** Task item **
Tell how many lines of the entries below include the string "quiet". Respond with the number alone.

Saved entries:
###

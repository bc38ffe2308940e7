-- ===== src/User/Store/Tests.antt =====
-- Runs of the user store of packages/user/src/store/memory.ts, and its theorems at those runs.
use aoothjs.Base.{
  ℕ, zero, suc, ◌≡◌, refl, true, false, none, some, List, [], ◌∷◌, arith, Text, text_eq, nat_eq,
  string_eq, All,
}
use aoothjs.Base.Assoc.{get, put, delete}
use aoothjs.User.Types.{
  text, UserCredentials, UserStoreUpdate, cas_exhausted, already_exists, not_found, ok, err,
}
use aoothjs.User.Patch.{
  no_account, no_patch, deep_merge, merge_account, merge_mfa, merge_password, merge_columns,
  increment_at_path,
}
use aoothjs.User.Store.{
  UserStore, Mutator, exists, has_handle, find_loop, find_by_handle, find_by_id, column_collides,
  handles_collide, create, increment_all, updated, update, delete_user, update_read, with_cas,
}
use aoothjs.User.Store.Valid.{IsValid, create-IsValid}
use aoothjs.User.Store.Calls.{
  StoreCall, create_call, update_call, delete_call, run_calls, run_calls-IsValid,
}
use aoothjs.User.Store.Handles.{IsResolved, find_by_handle-IsResolved}
use aoothjs.User.Store.Later.{IsNoBirth}
use aoothjs.User.Store.Cas.{Waits, as_others, IsAtomic, with_cas-IsAtomic}
use aoothjs.User.Store.Settles.{with_cas_settles}

abbrev ann_text : Text
ann_text = 97 ∷ 110 ∷ 110 ∷ []

abbrev mail : Text
mail = 97 ∷ 64 ∷ 120 ∷ []

abbrev ann : UserCredentials
ann = record {
  id = "u1";
  username = ann_text;
  version = none;
  password = record { hash = "h"; history = []; last_changed = 1; is_initial = false };
  account = record {
    active = true;
    locked = false;
    lock_reason = "";
    lock_ends = 0;
    failed_login_attempts = 0;
    last_login = 0;
    pending_invitation = none;
    invited_by = none;
    invite_nonce = none;
    verified_email = none;
  };
  mfa = record { methods = []; default_method = ""; auto_send = false };
  trusted_devices = none;
  seen_devices = none;
  columns = ("email", text mail) ∷ [];
}

abbrev bob : UserCredentials
bob = record ann { id = "u2"; username = 98 ∷ [] }

abbrev empty : UserStore
empty = record { rows = []; handle_fields = "email" ∷ [] }

abbrev start : UserStore
start = record empty { rows = ("u1", record ann { version = some 0 }) ∷ [] }

runs : Unit {0}
unfolding get put delete exists find_by_id has_handle find_loop find_by_handle column_collides
    handles_collide create deep_merge merge_account merge_mfa merge_password merge_columns
    increment_at_path increment_all updated update delete_user update_read with_cas
runs = tt

empty-IsValid : IsValid empty
unfolding get
empty-IsValid = record {
  distinct = tt;
  keyed = λ k u g. absurd (ground (arith, g));
  names = λ j k u v g h e. absurd (ground (arith, g));
  handles = λ j k u v g h e. absurd (ground (arith, g));
}

start-IsValid : IsValid start
unfolding runs
start-IsValid = create-IsValid empty-IsValid "x" ann

-- an address that is taken, a username that is taken, and a stale version
refusals :
    ((create "x" bob start).0 ≡ err already_exists)
    × ((create "x" (record bob { columns = [] }) start).0 ≡ ok tt)
    × ((create "x" (record ann { columns = [] }) start).0 ≡ err already_exists)
    × ((delete_user "u1" (some 3) start).0 ≡ false)
    × (exists mail start ≡ false)
unfolding runs
refusals = (refl, refl, refl, refl, refl)

abbrev touching : UserStoreUpdate
touching = record {
  set = some (record no_patch { seen_devices = some [] });
  inc = [];
  expected_version = none;
}

abbrev calls : List StoreCall
calls = update_call "u1" touching ∷ create_call "x" bob ∷ delete_call "u2" none ∷ []

run_calls-IsValid_example : IsValid (run_calls calls start)
run_calls-IsValid_example = run_calls-IsValid calls start ((refl, tt), (tt, (tt, tt))) start-IsValid

find_by_handle-IsResolved_example : IsResolved mail start (find_by_handle mail start)
find_by_handle-IsResolved_example = find_by_handle-IsResolved mail start start-IsValid

-- one other write while the first attempt waits
abbrev waits : Waits
waits zero = update_call "u1" touching ∷ []
waits (suc n) = []

abbrev activate : Mutator Unit
activate u = ok (
  tt,
  some (record {
    set = some (record no_patch { account = record no_account { active = some false } });
    inc = [];
    expected_version = none;
  }),
)

second_attempt :
    ((with_cas 1 (as_others waits) "u1" activate start).0 ≡ err cas_exhausted)
    × ((with_cas 2 (as_others waits) "u1" activate start).0 ≡ ok tt)
    × ((with_cas 2 (as_others waits) "u3" activate start).0 ≡ err not_found)
unfolding runs
second_attempt = (refl, refl, refl)

quiet : (n : ℕ) → All (IsNoBirth "u1") (waits n)
quiet zero = (tt, tt)
quiet (suc n) = tt

with_cas-IsAtomic_example :
    IsAtomic "u1" activate waits start (with_cas 2 (as_others waits) "u1" activate start)
with_cas-IsAtomic_example = with_cas-IsAtomic 2 waits "u1" activate start quiet

with_cas_settles_example :
    ¬ ((with_cas 2 (as_others waits) "u1" activate start).0 ≡ err cas_exhausted)
with_cas_settles_example =
    with_cas_settles "u1" activate 1 2 (as_others waits) start (λ u h. ground (arith, h))
      (omega arith) (λ s. refl)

###

** Completed exercise **
4